[Stored data entries]
★ ★ ★

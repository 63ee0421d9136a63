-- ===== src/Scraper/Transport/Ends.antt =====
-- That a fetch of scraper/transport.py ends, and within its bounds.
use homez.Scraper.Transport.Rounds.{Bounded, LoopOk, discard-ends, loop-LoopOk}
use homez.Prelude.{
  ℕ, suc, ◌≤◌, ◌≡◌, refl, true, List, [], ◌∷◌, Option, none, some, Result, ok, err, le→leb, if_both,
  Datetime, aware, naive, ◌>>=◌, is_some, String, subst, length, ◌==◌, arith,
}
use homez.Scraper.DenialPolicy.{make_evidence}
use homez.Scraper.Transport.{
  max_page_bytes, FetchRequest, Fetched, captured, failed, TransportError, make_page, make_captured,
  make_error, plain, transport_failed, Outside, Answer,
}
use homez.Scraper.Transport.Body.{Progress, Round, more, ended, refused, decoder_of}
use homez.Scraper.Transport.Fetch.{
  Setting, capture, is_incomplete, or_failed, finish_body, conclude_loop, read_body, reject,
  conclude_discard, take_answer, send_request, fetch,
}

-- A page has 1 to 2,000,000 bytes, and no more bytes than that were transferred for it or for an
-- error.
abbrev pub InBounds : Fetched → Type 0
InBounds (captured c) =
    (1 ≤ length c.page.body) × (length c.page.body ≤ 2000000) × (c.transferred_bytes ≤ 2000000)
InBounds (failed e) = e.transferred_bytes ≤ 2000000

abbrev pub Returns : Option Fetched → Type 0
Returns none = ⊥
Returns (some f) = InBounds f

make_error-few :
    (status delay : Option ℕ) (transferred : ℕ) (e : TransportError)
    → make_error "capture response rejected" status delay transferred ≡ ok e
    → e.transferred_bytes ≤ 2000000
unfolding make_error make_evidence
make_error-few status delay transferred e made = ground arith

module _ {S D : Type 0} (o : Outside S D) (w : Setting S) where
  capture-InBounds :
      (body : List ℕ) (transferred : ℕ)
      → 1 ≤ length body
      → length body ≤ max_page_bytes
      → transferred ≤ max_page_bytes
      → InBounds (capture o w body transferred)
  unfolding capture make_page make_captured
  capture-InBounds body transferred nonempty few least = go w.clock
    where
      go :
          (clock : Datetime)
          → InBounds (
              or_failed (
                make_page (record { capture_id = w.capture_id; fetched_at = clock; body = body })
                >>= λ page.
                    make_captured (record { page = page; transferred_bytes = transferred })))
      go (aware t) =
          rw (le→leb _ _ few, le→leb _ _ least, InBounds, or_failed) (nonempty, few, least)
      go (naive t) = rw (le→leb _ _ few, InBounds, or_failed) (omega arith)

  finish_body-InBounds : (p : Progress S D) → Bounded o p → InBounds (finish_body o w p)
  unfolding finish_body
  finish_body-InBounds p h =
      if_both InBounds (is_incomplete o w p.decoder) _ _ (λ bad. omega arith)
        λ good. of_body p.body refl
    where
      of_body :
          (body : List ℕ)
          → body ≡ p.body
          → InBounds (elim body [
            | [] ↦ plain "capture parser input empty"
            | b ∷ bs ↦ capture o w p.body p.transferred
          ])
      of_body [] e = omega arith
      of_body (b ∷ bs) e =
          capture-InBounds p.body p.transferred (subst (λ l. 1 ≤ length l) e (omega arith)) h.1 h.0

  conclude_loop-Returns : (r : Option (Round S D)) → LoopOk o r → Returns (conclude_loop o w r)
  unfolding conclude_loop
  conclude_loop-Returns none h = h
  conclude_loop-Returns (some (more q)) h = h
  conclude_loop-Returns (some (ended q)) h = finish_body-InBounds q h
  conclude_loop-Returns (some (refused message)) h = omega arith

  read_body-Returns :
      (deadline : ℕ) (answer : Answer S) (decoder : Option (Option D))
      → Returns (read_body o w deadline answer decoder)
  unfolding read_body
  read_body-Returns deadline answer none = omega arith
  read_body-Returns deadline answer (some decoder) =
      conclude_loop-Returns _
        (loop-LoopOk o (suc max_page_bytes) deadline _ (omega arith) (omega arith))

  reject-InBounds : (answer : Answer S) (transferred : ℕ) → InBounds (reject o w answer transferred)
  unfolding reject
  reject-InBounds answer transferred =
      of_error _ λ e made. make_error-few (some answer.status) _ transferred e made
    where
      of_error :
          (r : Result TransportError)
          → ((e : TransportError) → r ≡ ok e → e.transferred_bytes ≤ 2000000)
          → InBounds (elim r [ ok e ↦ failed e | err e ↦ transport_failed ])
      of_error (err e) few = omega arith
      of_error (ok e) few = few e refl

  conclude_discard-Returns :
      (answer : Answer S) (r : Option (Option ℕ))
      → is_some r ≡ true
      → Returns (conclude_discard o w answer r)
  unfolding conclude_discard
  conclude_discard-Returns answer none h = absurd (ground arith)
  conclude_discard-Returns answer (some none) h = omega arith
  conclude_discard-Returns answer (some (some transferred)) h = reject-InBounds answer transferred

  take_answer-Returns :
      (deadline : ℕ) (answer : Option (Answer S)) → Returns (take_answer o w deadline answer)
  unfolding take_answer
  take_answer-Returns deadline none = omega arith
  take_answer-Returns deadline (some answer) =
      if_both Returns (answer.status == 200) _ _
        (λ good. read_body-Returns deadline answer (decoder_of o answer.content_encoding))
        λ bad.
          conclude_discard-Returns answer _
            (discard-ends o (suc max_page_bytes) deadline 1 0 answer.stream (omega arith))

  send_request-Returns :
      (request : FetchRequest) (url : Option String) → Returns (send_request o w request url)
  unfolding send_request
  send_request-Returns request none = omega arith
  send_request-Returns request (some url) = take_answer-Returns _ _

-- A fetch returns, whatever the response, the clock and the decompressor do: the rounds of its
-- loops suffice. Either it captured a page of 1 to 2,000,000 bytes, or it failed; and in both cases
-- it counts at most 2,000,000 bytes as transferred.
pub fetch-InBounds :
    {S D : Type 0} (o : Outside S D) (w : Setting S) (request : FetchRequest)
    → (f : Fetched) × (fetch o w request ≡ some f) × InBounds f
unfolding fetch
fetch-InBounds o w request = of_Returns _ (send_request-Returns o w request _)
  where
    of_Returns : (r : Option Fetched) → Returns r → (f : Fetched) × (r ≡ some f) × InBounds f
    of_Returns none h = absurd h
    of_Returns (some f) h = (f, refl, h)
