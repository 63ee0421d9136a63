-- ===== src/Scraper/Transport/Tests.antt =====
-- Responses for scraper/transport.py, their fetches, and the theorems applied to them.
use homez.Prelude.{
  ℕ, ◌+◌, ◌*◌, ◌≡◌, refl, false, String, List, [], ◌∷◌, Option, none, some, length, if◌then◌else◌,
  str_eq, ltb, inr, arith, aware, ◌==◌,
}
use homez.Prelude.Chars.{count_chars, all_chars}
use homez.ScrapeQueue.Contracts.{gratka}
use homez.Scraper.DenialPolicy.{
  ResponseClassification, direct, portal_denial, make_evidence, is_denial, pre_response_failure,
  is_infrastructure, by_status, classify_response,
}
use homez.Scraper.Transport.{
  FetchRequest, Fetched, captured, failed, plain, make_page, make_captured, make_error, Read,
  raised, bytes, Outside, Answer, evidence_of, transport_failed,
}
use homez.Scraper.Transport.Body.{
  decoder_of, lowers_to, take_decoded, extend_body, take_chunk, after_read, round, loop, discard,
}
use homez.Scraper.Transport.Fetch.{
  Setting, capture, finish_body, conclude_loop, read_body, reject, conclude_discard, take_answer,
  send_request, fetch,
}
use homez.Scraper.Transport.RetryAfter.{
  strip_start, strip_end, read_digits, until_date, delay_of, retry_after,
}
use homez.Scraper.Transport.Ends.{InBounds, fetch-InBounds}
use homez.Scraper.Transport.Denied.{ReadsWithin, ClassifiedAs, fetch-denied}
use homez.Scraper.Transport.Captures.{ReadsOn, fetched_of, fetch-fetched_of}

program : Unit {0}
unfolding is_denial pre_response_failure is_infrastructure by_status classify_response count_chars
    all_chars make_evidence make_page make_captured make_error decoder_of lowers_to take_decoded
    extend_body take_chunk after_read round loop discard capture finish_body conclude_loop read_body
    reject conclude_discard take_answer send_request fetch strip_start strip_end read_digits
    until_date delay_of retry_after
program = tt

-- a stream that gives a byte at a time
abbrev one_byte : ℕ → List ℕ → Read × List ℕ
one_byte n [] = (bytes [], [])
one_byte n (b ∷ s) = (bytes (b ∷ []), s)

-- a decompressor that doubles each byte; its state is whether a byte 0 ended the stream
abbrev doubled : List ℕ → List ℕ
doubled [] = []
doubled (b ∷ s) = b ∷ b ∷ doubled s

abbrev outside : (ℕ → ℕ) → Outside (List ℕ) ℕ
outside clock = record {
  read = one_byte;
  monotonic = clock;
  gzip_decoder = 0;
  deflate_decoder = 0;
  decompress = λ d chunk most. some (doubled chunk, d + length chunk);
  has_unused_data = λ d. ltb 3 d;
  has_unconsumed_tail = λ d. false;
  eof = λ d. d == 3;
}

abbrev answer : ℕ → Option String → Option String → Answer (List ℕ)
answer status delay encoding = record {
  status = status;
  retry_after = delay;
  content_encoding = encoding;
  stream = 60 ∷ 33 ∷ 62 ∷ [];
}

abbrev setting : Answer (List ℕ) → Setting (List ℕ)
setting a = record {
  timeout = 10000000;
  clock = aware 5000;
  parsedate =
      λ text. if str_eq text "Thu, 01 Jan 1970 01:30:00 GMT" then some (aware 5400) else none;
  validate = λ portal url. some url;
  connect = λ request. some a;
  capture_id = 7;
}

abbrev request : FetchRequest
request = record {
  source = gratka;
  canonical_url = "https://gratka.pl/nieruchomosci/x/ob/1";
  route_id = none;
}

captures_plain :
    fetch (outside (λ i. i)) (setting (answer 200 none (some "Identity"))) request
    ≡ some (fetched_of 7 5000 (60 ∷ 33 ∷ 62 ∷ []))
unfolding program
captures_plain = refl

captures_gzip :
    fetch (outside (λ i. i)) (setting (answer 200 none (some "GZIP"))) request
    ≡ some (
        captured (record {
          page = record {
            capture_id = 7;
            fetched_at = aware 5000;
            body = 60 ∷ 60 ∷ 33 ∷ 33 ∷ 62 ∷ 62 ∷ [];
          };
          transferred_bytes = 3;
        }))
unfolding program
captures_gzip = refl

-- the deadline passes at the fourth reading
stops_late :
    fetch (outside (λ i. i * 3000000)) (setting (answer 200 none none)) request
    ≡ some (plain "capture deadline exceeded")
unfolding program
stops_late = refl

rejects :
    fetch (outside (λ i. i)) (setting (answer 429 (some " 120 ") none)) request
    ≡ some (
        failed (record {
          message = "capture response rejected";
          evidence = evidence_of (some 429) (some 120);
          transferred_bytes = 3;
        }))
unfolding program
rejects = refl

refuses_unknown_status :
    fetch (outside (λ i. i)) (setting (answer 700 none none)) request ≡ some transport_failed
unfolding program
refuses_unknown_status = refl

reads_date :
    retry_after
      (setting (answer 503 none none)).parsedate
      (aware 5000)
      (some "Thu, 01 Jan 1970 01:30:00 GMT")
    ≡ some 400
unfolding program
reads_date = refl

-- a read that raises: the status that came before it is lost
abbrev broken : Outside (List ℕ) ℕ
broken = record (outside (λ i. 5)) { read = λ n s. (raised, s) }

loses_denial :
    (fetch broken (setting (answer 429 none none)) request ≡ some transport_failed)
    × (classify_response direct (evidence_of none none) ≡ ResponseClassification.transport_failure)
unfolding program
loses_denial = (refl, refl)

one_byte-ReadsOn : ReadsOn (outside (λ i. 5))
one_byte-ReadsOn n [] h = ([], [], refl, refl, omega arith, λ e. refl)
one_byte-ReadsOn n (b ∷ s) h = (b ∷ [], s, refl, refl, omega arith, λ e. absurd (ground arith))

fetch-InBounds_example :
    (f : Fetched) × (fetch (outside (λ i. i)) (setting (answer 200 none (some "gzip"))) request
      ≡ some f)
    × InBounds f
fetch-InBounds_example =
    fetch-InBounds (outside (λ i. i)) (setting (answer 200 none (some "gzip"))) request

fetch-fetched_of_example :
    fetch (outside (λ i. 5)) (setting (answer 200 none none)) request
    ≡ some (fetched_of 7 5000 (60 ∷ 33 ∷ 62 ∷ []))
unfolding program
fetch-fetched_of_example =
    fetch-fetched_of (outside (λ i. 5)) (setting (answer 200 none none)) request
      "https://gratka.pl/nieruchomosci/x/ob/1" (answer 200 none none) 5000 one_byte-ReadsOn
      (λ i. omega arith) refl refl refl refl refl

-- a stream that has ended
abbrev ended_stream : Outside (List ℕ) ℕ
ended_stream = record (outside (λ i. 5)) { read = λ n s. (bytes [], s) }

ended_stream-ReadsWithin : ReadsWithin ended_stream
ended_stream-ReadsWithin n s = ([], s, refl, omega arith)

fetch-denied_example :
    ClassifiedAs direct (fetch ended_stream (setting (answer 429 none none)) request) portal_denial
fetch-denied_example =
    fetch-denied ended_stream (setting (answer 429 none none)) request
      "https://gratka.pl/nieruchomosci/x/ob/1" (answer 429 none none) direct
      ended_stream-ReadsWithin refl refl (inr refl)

★ ★ ★

• **TASK TO CARRY OUT**:
Pull every line containing "https" from the data.

• **RESULT OF THE TASK**:
  canonical_url = "https://gratka.pl/nieruchomosci/x/ob/1";
      "https://gratka.pl/nieruchomosci/x/ob/1" (answer 200 none none) 5000 one_byte-ReadsOn
      "https://gratka.pl/nieruchomosci/x/ob/1" (answer 429 none none) direct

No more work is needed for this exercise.